(Items listed in a dataset)
++++++++++++++++++++

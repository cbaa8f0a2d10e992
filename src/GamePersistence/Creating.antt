-- ===== src/GamePersistence/Creating.antt =====
-- `HandleGameInitialized` of internal/usecase/game_persistence.go.
use pod_backend.Common.{none, [], Text, codes, ℤ, pos, text_eq, Outcome, ok, err}
use pod_backend.Database.{Fault, Action, wrap, ◌>>=◌, ◌>>◌}
use pod_backend.Database.Games.{create_or_ignore}
use pod_backend.Database.Users.{ensure_user_by_wallet}
use pod_backend.Entity.Game.{Game, status_waiting_for_opponent, coin_side_closed}
use pod_backend.Entity.GameEvent.{EventData, event_game_initialized}
use pod_backend.GamePersistence.{
  Env, System, game_initialized, db, step, read, expects, serialize_event_data, persist_event,
  broadcast_game_update, release_expired_claim_if_resolved, unless_duplicate,
}
use pod_backend.GamePersistence.Extract.{
  extract_int64, extract_optional_int64, extract_string, extract_optional_string,
}

module _ (env : Env) where
  optional : Text → ℤ → EventData → Outcome Fault ℤ
  optional key default d = extract_optional_int64 env.to_int64 key default d

  -- `player_one_choice`, for which an error of the reader is not one.
  choice_or_closed : EventData → Outcome Fault ℤ
  choice_or_closed d = elim (extract_int64 env.to_int64 (codes "player_one_choice") d) [
    | ok z ↦ ok z
    | err _ ↦ ok coin_side_closed
  ]

  -- The game that `HandleGameInitialized` creates from the event data.
  unfoldable pub read_game : Action System Game
  unfolding optional choice_or_closed
  read_game = do
    game_id ← read (extract_int64 env.to_int64 (codes "game_id"))
    player_one ← read (extract_string (codes "player_one"))
    bet_amount ← read (extract_int64 env.to_int64 (codes "bet_amount"))
    choice ← read choice_or_closed
    service_fee ← read (optional (codes "service_fee_numerator") (pos 0))
    referrer_fee ← read (optional (codes "referrer_fee_numerator") (pos 0))
    timeout ← read (optional (codes "waiting_for_open_bid_seconds") (pos 0))
    lowest ← read (optional (codes "lowest_bid") (pos 0))
    highest ← read (optional (codes "highest_bid") (pos 0))
    min_payout ← read (optional (codes "min_referrer_payout_value") (pos 0))
    receiver ← read (extract_optional_string (codes "fee_receiver") [])
    version ← read (optional (codes "protocol_version") (pos 1))
    λ s. (
      ok (record {
        game_id = game_id;
        status = status_waiting_for_opponent;
        player_one_address = player_one;
        player_two_address = none;
        player_one_choice = choice;
        player_two_choice = none;
        player_one_referrer = none;
        player_two_referrer = none;
        bet_amount = bet_amount;
        winner_address = none;
        payout_amount = none;
        service_fee_numerator = service_fee;
        referrer_fee_numerator = referrer_fee;
        waiting_timeout_seconds = timeout;
        lowest_bid_allowed = lowest;
        highest_bid_allowed = highest;
        min_referrer_payout_value = min_payout;
        protocol_version = version;
        fee_receiver_address = receiver;
        created_at = s.event.timestamp;
        joined_at = none;
        revealed_at = none;
        completed_at = none;
        init_tx_hash = s.event.transaction_hash;
        join_tx_hash = none;
        reveal_tx_hash = none;
        complete_tx_hash = none;
      }),
      s,
    )

  -- `HandleGameInitialized`
  unfoldable pub handle_game_initialized : Action System (Unit {0})
  handle_game_initialized = do
    expects event_game_initialized
    game ← read_game
    wrap "failed to ensure player one user"
        (db (ensure_user_by_wallet env.server game.player_one_address))
    _ ← wrap "failed to create game" (db (create_or_ignore env.server game))
    serialize_event_data env
    persist_event env
    unless_duplicate (do
      step (broadcast_game_update env game.game_id game_initialized)
      step (release_expired_claim_if_resolved env game.game_id))
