-- ===== src/GamePersistence/Settling.antt =====
-- How `HandleGameFinished` of internal/usecase/game_persistence.go settles a game.
use pod_backend.Common.{
  Bool, false, Option, none, some, [], ◌∷◌, Text, codes, is_empty, ℤ, pos, ltb_ℤ, eqb, text_eq,
  mul_int64, quot_ℤ, Outcome, ok, err, if◌then◌else◌,
}
use pod_backend.Database.{Fault, Action, pure, wrap, ◌>>=◌, ◌>>◌}
use pod_backend.Database.Games.{complete_game}
use pod_backend.Database.Users.{
  increment_games_played, increment_wins, increment_losses, increment_referrals,
}
use pod_backend.Entity.Game.{Game}
use pod_backend.Entity.GameEvent.{EventData}
use pod_backend.GamePersistence.{current, Env, System, db, persist_event, unless_duplicate}
use pod_backend.GamePersistence.Extract.{extract_int64}

-- The players and fees that `HandleGameFinished` settles.
pub record Settlement : Type 0 where
  pub winner : Text
  pub loser : Text
  pub payout : ℤ
  pub referrer : Option Text
  pub earnings : ℤ

unfoldable pub or_empty : Option Text → Text
or_empty none = []
or_empty (some w) = w

-- `loser`, which stays empty if the winner has no opponent.
unfoldable pub loser_of : Game → Text → Text
unfolding or_empty
loser_of g winner =
    if eqb g.player_one_address winner then or_empty g.player_two_address else g.player_one_address

is_winner : Option Text → Text → Bool
is_winner none winner = false
is_winner (some two) winner = eqb two winner

-- The referrer of the second player, if that player won.
referrer_two : Game → Text → Option Text
unfolding is_winner
referrer_two g winner =
    if is_winner g.player_two_address winner then g.player_two_referrer else none

-- `referrerAddress`: the referrer of the player who won.
unfoldable pub referrer_of : Game → Text → Option Text
unfolding referrer_two
referrer_of g winner =
    if eqb g.player_one_address winner
    then elim g.player_one_referrer [ none ↦ referrer_two g winner | some r ↦ some r ]
    else referrer_two g winner

-- `referrerEarnings`, in `int64`: in basis points of the bet, 0 with no referrer.
unfoldable pub earnings_of : Game → Option Text → ℤ
unfolding or_empty
earnings_of g referrer =
    if is_empty (or_empty referrer)
    then pos 0
    else quot_ℤ (mul_int64 g.bet_amount g.referrer_fee_numerator) 10000

unfoldable pub settle : Game → Text → ℤ → Settlement
settle g winner payout = record {
  winner = winner;
  loser = loser_of g winner;
  payout = payout;
  referrer = referrer_of g winner;
  earnings = earnings_of g (referrer_of g winner);
}

module _ (env : Env) where
  -- The counters that a settlement moves.
  unfoldable pub count_loser : Text → Action System (Unit {0})
  count_loser [] = pure tt
  count_loser (c ∷ w) = do
    wrap "failed to increment games played for loser"
        (db (increment_games_played env.server (c ∷ w)))
    wrap "failed to increment losses" (db (increment_losses env.server (c ∷ w)))

  unfoldable pub count_referrer : Text → ℤ → Action System (Unit {0})
  count_referrer [] earnings s = (ok tt, s)
  count_referrer (c ∷ w) earnings s =
      if ltb_ℤ (pos 0) earnings
      then wrap "failed to update referrer stats"
          (db (increment_referrals env.server (c ∷ w) earnings)) s
      else (ok tt, s)

  -- `CompleteGame` and the statistics of the players.
  unfoldable pub finish_game : Settlement → Action System (Unit {0})
  unfolding or_empty
  finish_game x = do
    e ← current
    wrap "failed to complete game"
        (db (complete_game env.server e.game_id x.winner x.payout e.transaction_hash e.timestamp))
    wrap "failed to increment games played for winner"
        (db (increment_games_played env.server x.winner))
    wrap "failed to increment wins" (db (increment_wins env.server x.winner))
    count_loser x.loser
    count_referrer (or_empty x.referrer) x.earnings

  -- The body of the transaction of `HandleGameFinished`; its other branch is the same without one.
  unfoldable pub settle_game : Settlement → Action System (Unit {0})
  settle_game x = do persist_event env; unless_duplicate (finish_game x)

  -- `total_gainings`, else `payout`, else 0.
  unfoldable pub payout_of : EventData → Outcome Fault ℤ
  payout_of d = elim (extract_int64 env.to_int64 (codes "total_gainings") d) [
    | ok z ↦ ok z
    | err _ ↦ elim (extract_int64 env.to_int64 (codes "payout") d) [
      | ok z ↦ ok z
      | err _ ↦ ok (pos 0)
    ]
  ]
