-- ===== src/Cpvm/Memory/Writes.antt =====
-- cy_memory.pyx: writes against the flat array of bytes; a write is checked before it begins.
use tsrkit_pvm.Prelude.{
  ℕ, zero, suc, ◌+◌, ◌-◌, ◌/◌, ◌%◌, ◌^◌, ◌≤◌, ◌<◌, min, Bool, true, false, List, [], ◌∷◌, ◌&&◌, ltb,
  ◌==◌, length, take, drop, Outcome, pvm_exit, ◌≡◌, refl, sym, ap, ◌∙◌, arith, Bool-cases, inl, inr,
  Ensures, Ensures-done, ltb→lt, ltb→le, length-drop, if-elim, length-take, length-splice, splice,
  overwrite, overwrite-splice,
}
use native.Mathlib.Nat.{mod-eq_of_lt}
use tsrkit_pvm.Common.Constants.{Accessibility}
use tsrkit_pvm.Interpreter.Memory
use tsrkit_pvm.Interpreter.Memory.{Memory, page_size, max_pages, page_or_zero, can_write}
use tsrkit_pvm.Interpreter.Memory.Flat.Writes.{write_flat, write_flat_chunk}
use tsrkit_pvm.Interpreter.Memory.Flat.Stored.{IsWritten, write_flat-IsWritten}
use tsrkit_pvm.Cpvm.Words.{uint32}
use tsrkit_pvm.Cpvm.Memory.{CyMemory, has_access, store_page, write_loop, write_at, write}
use tsrkit_pvm.Cpvm.Memory.Rights.{mode_of, has_access-right}
use tsrkit_pvm.Cpvm.Memory.Pages.{
  past_the_end, all_bytes, all_bytes-drop, check_access-bytes, inside,
}
use tsrkit_pvm.Cpvm.Memory.Flat.{as_memory, IsPaged}

as_memory-can_write :
    (m : CyMemory) (pg : ℕ) → can_write (as_memory m) pg ≡ has_access m pg Accessibility.write
unfolding as_memory can_write
as_memory-can_write m pg = elim (Bool-cases (ltb pg max_pages)) [
  | inl l ↦ rw (l, has_access-right true m pg (ltb→lt pg max_pages l)) (ground arith)
  | inr h ↦ rw (h, past_the_end m pg true (ltb→le pg max_pages h)) refl
]

-- Bytes that fit into the page.
fit_page :
    (pg off : ℕ) (bytes : List ℕ) (m : CyMemory)
    → IsPaged m
    → off + length bytes ≤ page_size
    → overwrite (page_or_zero (m.pages pg)) off bytes ≡ splice (page_or_zero (m.pages pg)) off bytes
fit_page pg off bytes m p h =
    overwrite-splice (page_or_zero (m.pages pg)) off bytes (omega (arith, p pg))

as_memory-store_page :
    (pg off : ℕ) (bytes : List ℕ) (m : CyMemory)
    → IsPaged m
    → off + length bytes ≤ page_size
    → as_memory (store_page pg off bytes m) ≡ Memory.store_page pg off bytes (as_memory m)
unfolding as_memory store_page Memory.store_page
as_memory-store_page pg off bytes m p h = rw (fit_page pg off bytes m p h) refl

store_page-IsPaged :
    (pg off : ℕ) (bytes : List ℕ) (m : CyMemory)
    → IsPaged m
    → off + length bytes ≤ page_size
    → IsPaged (store_page pg off bytes m)
unfolding store_page
store_page-IsPaged pg off bytes m p h j =
    if-elim (λ o. length (page_or_zero o) ≡ page_size) (pg == j)
      (λ _.
        ap length (fit_page pg off bytes m p h)
        ∙ length-splice (page_or_zero (m.pages pg)) off bytes
        ∙ p pg)
      (λ _. p j)

all_bytes-store_page :
    (n address pg off : ℕ) (bytes : List ℕ) (w : Bool) (m : CyMemory)
    → all_bytes (store_page pg off bytes m) w n address ≡ all_bytes m w n address
unfolding all_bytes store_page has_access
all_bytes-store_page zero address pg off bytes w m = refl
all_bytes-store_page (suc n) address pg off bytes w m =
    ap (λ r. has_access m (address / 4096) (mode_of w) && r)
      (all_bytes-store_page n (address + 1) pg off bytes w m)

all_bytes-first :
    (w : Bool) (n address : ℕ) (m : CyMemory)
    → all_bytes m w (suc n) address ≡ true
    → has_access m (address / 4096) (mode_of w) ≡ true
unfolding all_bytes
all_bytes-first w n address m h = ground (arith, h)

-- The address wraps around only when no byte is left.
write_loop-nil : (fuel cur : ℕ) (m : CyMemory) → write_loop fuel cur [] m ≡ m
unfolding write_loop
write_loop-nil zero cur m = refl
write_loop-nil (suc fuel) cur m = refl

wrap_step :
    (fuel next : ℕ) (bytes : List ℕ) (m : CyMemory)
    → next + length bytes ≤ 2 ^ 32
    → write_loop fuel (uint32 next) bytes m ≡ write_loop fuel next bytes m
wrap_step fuel next [] m h = write_loop-nil fuel (uint32 next) m ∙ sym (write_loop-nil fuel next m)
wrap_step fuel next (x ∷ xs) m h =
    let same : uint32 next ≡ next = mod-eq_of_lt (omega arith) in
    ap (λ a. write_loop fuel a (x ∷ xs) m) same

write_loop-flat :
    (fuel cur : ℕ) (bytes : List ℕ) (m : CyMemory)
    → IsPaged m
    → length bytes ≤ fuel
    → cur + length bytes ≤ 2 ^ 32
    → all_bytes m true (length bytes) cur ≡ true
    → write_flat cur bytes (as_memory m) ≡ Outcome.done tt (as_memory (write_loop fuel cur bytes m))
unfolding write_loop
write_loop-flat zero cur [] m p h top e = unfold write_flat in refl
write_loop-flat zero cur (x ∷ xs) m p h top e = absurd (omega arith)
write_loop-flat (suc fuel) cur [] m p h top e = unfold write_flat in refl
write_loop-flat (suc fuel) cur (x ∷ xs) m p h top e =
    let bytes = x ∷ xs in
    let chunk = min (page_size - cur % 4096) (length bytes) in
    let m' = store_page (cur / 4096) (cur % 4096) (take chunk bytes) m in
    let taken = length-take chunk bytes in
    let left : length (drop chunk bytes) ≡ length bytes - chunk = length-drop chunk bytes in
    write_flat_chunk cur chunk bytes (as_memory m)
      (as_memory-can_write m (cur / 4096) ∙ all_bytes-first true (length xs) cur m e) (omega arith)
      (omega arith) (omega arith)
    ∙ ap (write_flat (cur + chunk) (drop chunk bytes))
        (sym (as_memory-store_page (cur / 4096) (cur % 4096) (take chunk bytes) m p (omega arith)))
    ∙ write_loop-flat fuel (cur + chunk) (drop chunk bytes) m'
        (store_page-IsPaged (cur / 4096) (cur % 4096) (take chunk bytes) m p (omega arith))
        (omega (arith, left)) (omega (arith, left))
        (all_bytes-store_page _ _ (cur / 4096) (cur % 4096) (take chunk bytes) true m
          ∙ all_bytes-drop m true chunk (length (drop chunk bytes)) (length bytes) cur (cur + chunk)
              (omega (arith, left)) refl e)
    ∙ ap (λ r. Outcome.done tt (as_memory r))
        (sym (wrap_step fuel (cur + chunk) (drop chunk bytes) m' (omega (arith, left))))
    ∙ (let some_left : (length bytes == 0) ≡ false = ground arith in rw some_left refl)

-- What a write leaves behind: the bytes written and the rights there were, or the memory as it was.
abbrev pub WritesAll : ℕ → List ℕ → CyMemory → Outcome CyMemory (Unit {0}) → Type 0
WritesAll address bytes m =
    Ensures
      (λ _ m'.
        (all_bytes m true (length bytes) address ≡ true)
        × IsWritten address bytes (as_memory m) (as_memory m'))
      (λ e m'.
        (all_bytes m true (length bytes) address ≡ false) × (e ≡ pvm_exit 2 address) × (m' ≡ m))

write_at-WritesAll :
    (address : ℕ) (bytes : List ℕ) (m : CyMemory)
    → IsPaged m
    → 1 ≤ length bytes
    → length bytes < 2 ^ 31
    → address < 2 ^ 32
    → WritesAll address bytes m (write_at address bytes m)
unfolding write_at
write_at-WritesAll address bytes m p one small low =
    rw (check_access-bytes m true address (length bytes) address one small low)
      (elim (Bool-cases (all_bytes m true (length bytes) address)) [
        | inl ok ↦ rw ok (
            Ensures.returns (
              refl,
              Ensures-done
                  (write_flat-IsWritten address bytes (as_memory m) (unfold as_memory in p))
                  (write_loop-flat (length bytes) address bytes m p (omega arith)
                    (inside m true (length bytes) address low ok) ok),
            ))
        | inr bad ↦ rw bad (Ensures.raises (refl, refl, refl))
      ])

-- On a `CyMemory` whose pages hold 4096 bytes each, a write of less than 2^31 bytes either
-- returns, where all the bytes may be written: then these bytes stand from the address modulo 2^32
-- on, every other byte is as it was, and so is the right to read each page; or it raises a page
-- fault at its address, where some byte may not be written, and changes nothing.
pub write-WritesAll :
    (address : ℕ) (bytes : List ℕ) (m : CyMemory)
    → IsPaged m
    → length bytes < 2 ^ 31
    → WritesAll (uint32 address) bytes m (write address bytes m)
unfolding write
write-WritesAll address [] m p small =
    let none_asked : all_bytes m true 0 (uint32 address) ≡ true = unfold all_bytes in refl in
    let stays : write_flat (uint32 address) [] (as_memory m) ≡ Outcome.done tt (as_memory m) =
      unfold write_flat in refl in
    Ensures.returns {s = m} (
      none_asked,
      Ensures-done (write_flat-IsWritten (uint32 address) [] (as_memory m) (unfold as_memory in p))
          stays,
    )
write-WritesAll address (x ∷ xs) m p small =
    if-elim (WritesAll (uint32 address) (x ∷ xs) m) (length (x ∷ xs) == 0)
      (λ e. absurd (ground (arith, e)))
      (λ _. write_at-WritesAll (uint32 address) (x ∷ xs) m p (omega arith) small (omega arith))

++++++++++++++++++++

### EXERCISE:
Whenever the word "timestamp" shows up in a line of the entries, copy that line.

### SOLUTION TO THIS EXERCISE:
        created_at = s.event.timestamp;
        (db (complete_game env.server e.game_id x.winner x.payout e.transaction_hash e.timestamp))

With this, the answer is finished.